Saved data entries
#####

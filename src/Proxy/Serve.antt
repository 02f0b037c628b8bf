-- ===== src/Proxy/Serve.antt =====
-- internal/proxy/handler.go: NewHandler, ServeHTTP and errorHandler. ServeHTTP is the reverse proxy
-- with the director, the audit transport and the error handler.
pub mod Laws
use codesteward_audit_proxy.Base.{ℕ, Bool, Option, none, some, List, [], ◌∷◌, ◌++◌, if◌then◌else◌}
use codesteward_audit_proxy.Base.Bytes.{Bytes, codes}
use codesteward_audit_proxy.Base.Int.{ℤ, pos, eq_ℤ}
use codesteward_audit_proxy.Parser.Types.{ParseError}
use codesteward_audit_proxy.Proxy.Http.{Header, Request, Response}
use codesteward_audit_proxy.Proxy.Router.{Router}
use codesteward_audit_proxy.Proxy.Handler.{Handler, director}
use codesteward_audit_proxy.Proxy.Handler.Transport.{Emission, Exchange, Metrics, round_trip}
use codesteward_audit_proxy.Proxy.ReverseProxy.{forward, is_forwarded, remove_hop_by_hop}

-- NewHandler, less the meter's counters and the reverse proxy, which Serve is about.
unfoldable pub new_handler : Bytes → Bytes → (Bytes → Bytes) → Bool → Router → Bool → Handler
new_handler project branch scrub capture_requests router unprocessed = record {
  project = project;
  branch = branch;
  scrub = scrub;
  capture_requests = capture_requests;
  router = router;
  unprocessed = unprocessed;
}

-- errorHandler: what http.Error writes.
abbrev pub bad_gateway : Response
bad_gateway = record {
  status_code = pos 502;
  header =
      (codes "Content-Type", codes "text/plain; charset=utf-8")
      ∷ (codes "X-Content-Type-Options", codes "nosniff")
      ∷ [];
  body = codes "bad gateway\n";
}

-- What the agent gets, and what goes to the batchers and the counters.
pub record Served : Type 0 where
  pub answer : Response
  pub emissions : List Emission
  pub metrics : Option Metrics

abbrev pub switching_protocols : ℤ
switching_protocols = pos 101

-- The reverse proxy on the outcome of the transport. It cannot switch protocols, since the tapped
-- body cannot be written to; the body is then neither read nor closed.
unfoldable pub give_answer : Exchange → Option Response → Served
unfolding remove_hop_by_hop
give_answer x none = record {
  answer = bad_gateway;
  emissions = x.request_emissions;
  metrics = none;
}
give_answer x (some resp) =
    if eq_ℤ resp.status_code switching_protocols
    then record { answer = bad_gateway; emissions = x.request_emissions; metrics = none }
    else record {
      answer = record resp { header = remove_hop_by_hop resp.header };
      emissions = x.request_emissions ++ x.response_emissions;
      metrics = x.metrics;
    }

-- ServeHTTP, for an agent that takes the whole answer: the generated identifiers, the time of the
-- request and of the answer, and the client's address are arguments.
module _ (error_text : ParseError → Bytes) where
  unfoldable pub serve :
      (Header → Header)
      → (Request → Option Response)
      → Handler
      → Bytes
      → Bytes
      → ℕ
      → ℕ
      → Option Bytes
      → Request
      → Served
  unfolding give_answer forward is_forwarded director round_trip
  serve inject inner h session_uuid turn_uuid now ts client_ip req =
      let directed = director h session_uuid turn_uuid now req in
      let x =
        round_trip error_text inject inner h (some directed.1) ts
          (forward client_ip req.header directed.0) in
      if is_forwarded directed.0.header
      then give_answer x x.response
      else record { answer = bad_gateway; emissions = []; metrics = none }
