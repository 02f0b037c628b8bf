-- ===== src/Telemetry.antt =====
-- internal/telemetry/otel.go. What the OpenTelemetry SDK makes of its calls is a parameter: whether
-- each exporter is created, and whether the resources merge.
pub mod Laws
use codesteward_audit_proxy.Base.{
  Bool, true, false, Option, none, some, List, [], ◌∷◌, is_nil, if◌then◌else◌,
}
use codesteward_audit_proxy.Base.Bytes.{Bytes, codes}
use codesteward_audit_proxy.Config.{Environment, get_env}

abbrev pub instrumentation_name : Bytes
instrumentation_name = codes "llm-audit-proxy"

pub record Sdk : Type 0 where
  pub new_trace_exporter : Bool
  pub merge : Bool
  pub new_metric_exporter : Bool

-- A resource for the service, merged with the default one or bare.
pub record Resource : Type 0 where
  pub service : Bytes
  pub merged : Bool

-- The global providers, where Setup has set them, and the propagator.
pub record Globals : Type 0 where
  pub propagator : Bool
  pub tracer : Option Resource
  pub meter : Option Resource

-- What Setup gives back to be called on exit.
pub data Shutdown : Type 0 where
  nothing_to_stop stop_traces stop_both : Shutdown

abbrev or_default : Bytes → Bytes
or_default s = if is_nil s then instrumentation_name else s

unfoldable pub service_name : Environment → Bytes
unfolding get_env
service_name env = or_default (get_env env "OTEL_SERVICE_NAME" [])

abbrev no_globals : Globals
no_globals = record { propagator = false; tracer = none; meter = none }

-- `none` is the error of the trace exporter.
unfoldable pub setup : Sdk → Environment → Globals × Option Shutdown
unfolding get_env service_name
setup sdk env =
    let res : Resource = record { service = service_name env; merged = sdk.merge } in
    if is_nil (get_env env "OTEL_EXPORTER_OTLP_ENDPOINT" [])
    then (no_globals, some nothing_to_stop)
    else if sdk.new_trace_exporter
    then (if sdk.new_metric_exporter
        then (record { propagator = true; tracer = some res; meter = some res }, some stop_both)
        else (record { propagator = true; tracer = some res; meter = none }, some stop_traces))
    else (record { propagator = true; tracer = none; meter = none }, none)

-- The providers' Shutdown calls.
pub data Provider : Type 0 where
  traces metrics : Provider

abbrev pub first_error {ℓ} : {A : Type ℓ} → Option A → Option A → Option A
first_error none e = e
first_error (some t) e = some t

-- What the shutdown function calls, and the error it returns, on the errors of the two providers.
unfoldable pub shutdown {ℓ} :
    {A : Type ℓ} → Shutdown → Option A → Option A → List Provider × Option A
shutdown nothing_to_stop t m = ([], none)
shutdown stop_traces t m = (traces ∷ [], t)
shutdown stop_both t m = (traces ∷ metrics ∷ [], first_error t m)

#####

* _EXERCISE DIRECTIONS_
Scan the records for lines that hold "else", and reproduce each one you find.

* _ANSWER TO THIS TASK_
use codesteward_audit_proxy.Base.{ℕ, Bool, Option, none, some, List, [], ◌∷◌, ◌++◌, if◌then◌else◌}
    else record {
      else record { answer = bad_gateway; emissions = []; metrics = none }
  Bool, true, false, Option, none, some, List, [], ◌∷◌, is_nil, if◌then◌else◌,
or_default s = if is_nil s then instrumentation_name else s
    else if sdk.new_trace_exporter
        else (record { propagator = true; tracer = some res; meter = none }, some stop_traces))
    else (record { propagator = true; tracer = none; meter = none }, none)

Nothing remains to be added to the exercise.